Когда все собрались в медчасти, Мешкову даже захотелось сказать «господа офицеры» вместо «товарищи офицеры» – такие все были красивые.
Первым пошел на осмотр начальник штаба. Сидевшие в коридоре офицеры тут же принялись шутить, какую болезнь у того могут обнаружить. Ясное дело, все шуточки крутились вокруг венерических заболеваний.
Заходили по алфавиту, фамилии и звания Объявлялись по динамику.
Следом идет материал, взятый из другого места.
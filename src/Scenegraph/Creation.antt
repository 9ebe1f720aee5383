-- ===== src/Scenegraph/Creation.antt =====
-- createNetworkedEntity of src/EnkiNet/Scenegraph.cpp: an entity and its children are announced to the
-- clients, or asked for at the server. On a host a packet that is sent reaches the local client at once;
-- onSpawn of an entity does not create networked entities there.
pub mod Family
pub mod Endless
pub mod Numbering
use enki_net.Common.{
  ℕ, zero, suc, ◌+◌, ◌%◌, ◌^◌, Bool, true, false, ◌&&◌, ◌||◌, List, [], ◌∷◌, ◌++◌, Option, none,
  some, ◌==◌, ◌===◌, if◌then◌else◌, Outcome, ok, fault, ◌>>=◌,
}
use enki_net.Packet.{Packet, PacketHeader, of_header, type_code, entity_creation}
use enki_net.Packet.Codec.{put_packet}
use enki_net.Entity.{EntityInfo, put_info}
use enki_net.Scenegraph.{Scene, ChildInfo}

abbrev pub creation_header : PacketHeader
creation_header = record { type = type_code entity_creation; time_sent = 0 }

-- The packet of a creation; `null` says whether data() of an empty vector is null.
unfoldable pub creation_packet : Bool → EntityInfo → Packet → Outcome Packet
creation_packet null info spawn =
    put_info info (of_header creation_header) >>= put_packet null spawn

-- The network manager's server, whether there is one, and the id of its client.
pub record Peers : Type 0 where
  pub server : Bool
  pub client : Option ℕ

abbrev pub has_peer : Peers → Bool
has_peer peers = peers.server || (elim peers.client [ none ↦ false | some id ↦ true ])

abbrev pub own_id : Peers → ℕ
own_id peers = elim peers.client [ none ↦ 1 | some id ↦ id ]

-- The loop over the children, for a function that creates one of them.
unfoldable pub create_children :
    (EntityInfo → Packet → ℕ → Outcome (ℕ × List Packet))
    → List ChildInfo
    → ℕ
    → ℕ
    → ℕ
    → Outcome (ℕ × List Packet)
create_children create [] owner parent id = ok (id, [])
create_children create (c ∷ cs) owner parent id = do
  let info : EntityInfo = record {
    type = c.type;
    name = c.name;
    id = 0;
    owner_id = owner;
    parent_id = parent;
  }
  (id', sent) ← create info c.spawn_info id
  (id'', more) ← create_children create cs owner parent id'
  ok (id'', sent ++ more)

module _ {G : Type 0} (null : Bool) (peers : Peers) (s : Scene G) where
  -- The owner that is filled in.
  abbrev pub with_owner : EntityInfo → EntityInfo
  with_owner info =
      if (info.owner_id == 0) && s.network_ready
      then record info { owner_id = own_id peers }
      else info

  -- What is sent for one entity.
  unfoldable pub announce : EntityInfo → Packet → Outcome (List Packet)
  announce info spawn =
      if s.network_ready && has_peer peers
      then (creation_packet null info spawn >>= λ p. ok (p ∷ []))
      else ok []

  -- createNetworkedEntity, from a value of the counter ID to the next, with what is sent in order. With
  -- no fuel left the recursion has filled the stack.
  unfoldable pub create_networked : ℕ → EntityInfo → Packet → ℕ → Outcome (ℕ × List Packet)
  unfolding create_children
  create_networked zero info spawn id = fault
  create_networked (suc fuel) info spawn id =
      if (info.name === []) || (info.type === [])
      then ok (id, [])
      else elim (s.builders info.type) [
        | none ↦ ok (id, [])
        | some build ↦
            let fresh = peers.server && (info.id == 0) in
            let own = if fresh then id else info.id in
            let next = if fresh then (id + 1) % 2 ^ 32 else id in
            create_children (create_networked fuel) (s.child_types info.type) info.owner_id own next
            >>= λ (id', sent). announce (with_owner (record info { id = own })) spawn >>= λ last.
                ok (id', sent ++ last)
      ]

-- createNetworkedEntity on a scene.
unfoldable pub create_networked_entity :
    {G : Type 0}
    → Bool
    → Peers
    → ℕ
    → EntityInfo
    → Packet
    → Scene G
    → Outcome (Scene G × List Packet)
create_networked_entity null peers fuel info spawn s = do
  (id, sent) ← create_networked null peers s fuel info spawn s.next_id
  ok (record s { next_id = id }, sent)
Мешков шагнул в кабинет и доложил:
– Полковник Мешков, командир части. Доктора были московские, солидные.
Сразу было понятно, кто из них главный, хотя на белые халаты погоны не пришивают – он чем-то напоминал старорежимного доктора, его круглые очки походили на велосипед без рамы и руля.
Мучили Мешкова недолго. Доктор прослушал его, взвесил, померил рост, словно Мешков со времени последнего медосмотра мог подрасти или уменьшиться в размерах. Измерили давление.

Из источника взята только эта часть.